Where have all the manufacturing jobs gone? If you ask Republican presidential candidate Donald Trump, the answer is clear: China! But there is another, more plausible explanation. To paraphrase Democratic presidential candidate Hillary Clinton, “It’s the robots, stupid”.
The U.S. has lost 5 million factory jobs since 2000. And trade has indeed claimed production jobs – in particular when China joined the World Trade Organization in 2001. Nevertheless, there was no downturn in U.S. manufacturing output. As a matter of fact, U.S. production has been growing over the last decades. From 2006 to 2013, “manufacturing grew by 17.6%, or at roughly 2.2% per year,” according to a report from Ball State University. The study reports as well that trade accounted for 13% of the lost U.S. factory jobs, but 88% of the jobs were taken by robots and other factors at home.
If not China, what then explains these jobs losses? It’s simple: factories don’t need as many workers as they used to, because robots increasingly do the work.
Investment in automation and software has doubled the output per U.S. manufacturing worker over the past two decades. Robots are replacing workers, regardless of trade at an accelerating pace. “The real robotics revolution is ready to begin” writes BCG and predicts that “the share of tasks that are performed by robots will rise from a global average of around 10% across all manufacturing industries today to around 25% by 2025.”
With increasing automation, the manufacturing industry is becoming more productive. From 1998 to 2012, all sectors experienced a productivity growth of 32% when adjusted for inflation – the production of computer and electronic products rose 829%. The researchers at Ball State University calculated: If 2000-levels of productivity are applied to 2010-levels of production, the U.S. would have required 20.9 million manufacturing workers instead of the 12.1 million actually employed.
With the rise in productivity, many workers are moving up the economic ladder. However, those who fail to meet rising requirements – probably many less-educated Americans – risk to fall into the lower class. “Since the 1960s, manufacturing has always paid substantially more than the minimum wage. Even today, the manufacturing jobs that remain average $20.17 an hour.
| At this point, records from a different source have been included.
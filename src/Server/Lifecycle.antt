-- ===== src/Server/Lifecycle.antt =====
-- Which worker gets a connection, and when a worker's loop ends.
use yuwibo_server.Prelude.{
  ℕ, ◌≤◌, ◌≡◌, refl, Bool, true, false, not, ◌&&◌, List, [], ◌∷◌, Option, none, some, arith, ◌==◌,
  leb, leb→le, leb→lt, get_elem?, Bool-cases, inl, inr, ok, or_fault, Always, ok-Always,
  fault-Always, Option-cases, ap, bind-Always, then-Always, if-Always,
}
use yuwibo_server.Server.{
  Cqe, SessionOps, Worker, Srv, get_size, get_random_worker, get_random_ring, worker_at,
  handle_completion, run_turn, run,
}

module _ {S R : Type 0} where
  -- Of the two workers drawn, GetRandomWorker takes one that has no more sessions than either, and
  -- GetRandomRing, at the same numbers, takes the ring of the same worker.
  pub get_random_ring_lem :
      (i j : ℕ) (workers : List (Worker S R)) (a b : Worker S R)
      → get_elem? workers i ≡ some a
      → get_elem? workers j ≡ some b
      → (k : ℕ) × (w : Worker S R) × (get_random_worker i j workers ≡ ok k)
        × (get_elem? workers k ≡ some w)
        × (get_random_ring i j workers ≡ ok w.shared)
        × (get_size w ≤ get_size a)
        × (get_size w ≤ get_size b)
  unfolding get_random_ring get_random_worker
  get_random_ring_lem i j workers a b ea eb = elim (Bool-cases (leb (get_size a) (get_size b))) [
    | inl le ↦ (i, a, rw (ea, eb, le) refl, ea, rw (ea, eb, le) refl, omega arith, leb→le _ _ le)
    | inr gt ↦ (
      j,
      b,
      rw (ea, eb, gt) refl,
      eb,
      rw (ea, eb, gt) refl,
      omega (arith, leb→lt _ _ gt),
      omega arith,
    )
  ]

  -- Of the two workers drawn, the one that gets the connection has no more sessions than either.
  pub get_random_worker_lem :
      (i j : ℕ) (workers : List (Worker S R)) (a b : Worker S R)
      → get_elem? workers i ≡ some a
      → get_elem? workers j ≡ some b
      → (k : ℕ) × (w : Worker S R) × (get_random_worker i j workers ≡ ok k)
        × (get_elem? workers k ≡ some w)
        × (get_size w ≤ get_size a)
        × (get_size w ≤ get_size b)
  get_random_worker_lem i j workers a b ea eb =
      let (k, w, e, found, ring, le_a, le_b) = get_random_ring_lem i j workers a b ea eb in
      (k, w, e, found, le_a, le_b)

stops_lem {ℓ} :
    {A : Type ℓ} (data_ptr : Option A) (idle : Bool)
    → ◌≡◌ {A = Bool} (elim data_ptr [ none ↦ false | some context ↦ idle ]) true
    → idle ≡ true
stops_lem none idle h = cc
stops_lem (some context) idle h = h

not_running : (running : Bool) (n : ℕ) → (not running && n == 0) ≡ true → running ≡ false
not_running running n h = ground arith

no_session : (running : Bool) (n : ℕ) → (not running && n == 0) ≡ true → n ≡ 0
no_session running n h = ground arith

module _ {R : Type 0} (o : SessionOps R) where
  -- The server has been stopped, and the worker has no session.
  abbrev pub IsDone : ℕ → Srv o → Type 0
  IsDone i v = (v.running ≡ false) × (w : Worker o.S R) × (worker_at i v ≡ ok w) × (get_size w ≡ 0)

  Ends : ℕ → Bool × Srv o → Type 0
  Ends i r = r.0 ≡ true → IsDone i r.1

  run_turn-Ends : (i r₁ r₂ : ℕ) (cqe : Cqe) (v : Srv o) → Always (Ends i) (run_turn o i r₁ r₂ cqe v)
  unfolding run_turn Ends
  run_turn-Ends i r₁ r₂ cqe v = elim (Option-cases (get_elem? v.workers i)) [
    | inl missing ↦ rw missing fault-Always
    | inr (w, here) ↦ rw here (
        if-Always _
          (λ stops. ok-Always (λ e.
            let idle = stops_lem cqe.user_data (not v.running && get_size w == 0) stops in
            (not_running v.running _ idle, w, ap or_fault here, no_session v.running _ idle)))
          (λ goes_on. then-Always (handle_completion o i r₁ r₂ cqe v) (λ v'. ok-Always (λ e. cc))))
  ]

  run-Ends :
      (i : ℕ) (events : List (Option (ℕ × ℕ × Cqe))) (v : Srv o)
      → Always (Ends i) (run o i events v)
  unfolding run Ends
  run-Ends i [] v = ok-Always (λ e. cc)
  run-Ends i (none ∷ rest) v = run-Ends i rest v
  run-Ends i (some (r₁, r₂, cqe) ∷ rest) v =
      bind-Always _ (run_turn-Ends i r₁ r₂ cqe v)
        (λ r h. if-Always r.0 (λ e. ok-Always (λ e'. h e)) (λ e. run-Ends i rest r.1))

  -- A worker's loop ends only when the server has been stopped and the worker has no session left.
  pub run-IsDone :
      (i : ℕ) (events : List (Option (ℕ × ℕ × Cqe))) (v v' : Srv o)
      → run o i events v ≡ ok (true, v')
      → IsDone i v'
  unfolding Ends
  run-IsDone i events v v' e = (run-Ends i events v).of_result (true, v') e refl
That’s nearly three times the federal minimum wage.
Robots will help companies and brands move manufacturing closer to markets. Customer needs and increasing scale will decelerate the global search for cheap labor. With scale the prices of robots come down. BCT projects that “growth in the global installed base of advanced robotics will accelerate from around 2% to 3% annually today to around 10% annually during the next decade.
Many of today’s customers demand fast products, such as fast fashion with quickly changing models. Producing far away is only then still an option when margins are high and able to absorb high transport cost for air transportation. Moving closer to markets means more distributed manufacturing which reduces also the impact of disruptive events, such as the tsunami in Japan and the flooding in Thailand.
Focus on manufacturing pays off. One example is Greenville, South Carolina. Greenwille was for decades the state’s heart of the textile industry till its gradual decline when confronted with competition from Mexico and South East Asia. “In 1990, 48,000 people still worked in textile manufacturing in the Greenville area, according to the U.S. Bureau of Labor Statistics. Today fewer than 6,000 do” we can read in MIT Technology Review.
However, investments created new jobs and brought unemployment below the national rate. Loyalty and commitment to production have attracted major global manufacturers, such as BMW, ABB, Fluor, Michelin, Bosch, and General Electric’s power division. Investments created new jobs, but with different skill requirements. The factories are highly automated. Those workers who had not been trained and able to make the transition to jobs that require far more computer and technical skills were left behind. Consequently, Greenville has to deal with twice the number of people collecting food stamps than a decade ago.
The U.S. needs to aim at leading the adoption in robotics. According to the BCG report, manufacturing labor costs in 2025 are expected to be 33% lower in South Korea for example and only 18% to 25% lower in the U.S. Therefore, South Korea is estimated to improve its manufacturing cost competitiveness by 6 percentage points relative to the U.S. by 2025. Focus need as well as skilled workers due to the fundamental shift in competences and because programming and automation talent will replace low-cost labor as key drivers of manufacturing competitiveness.
The focus on China is diverting energy from the real challenge. This is not only misleading but puts at risk the future of the U.S. economy.
Wolfgang Lehmacher is head of supply chain and transport industries at the World Economic Forum.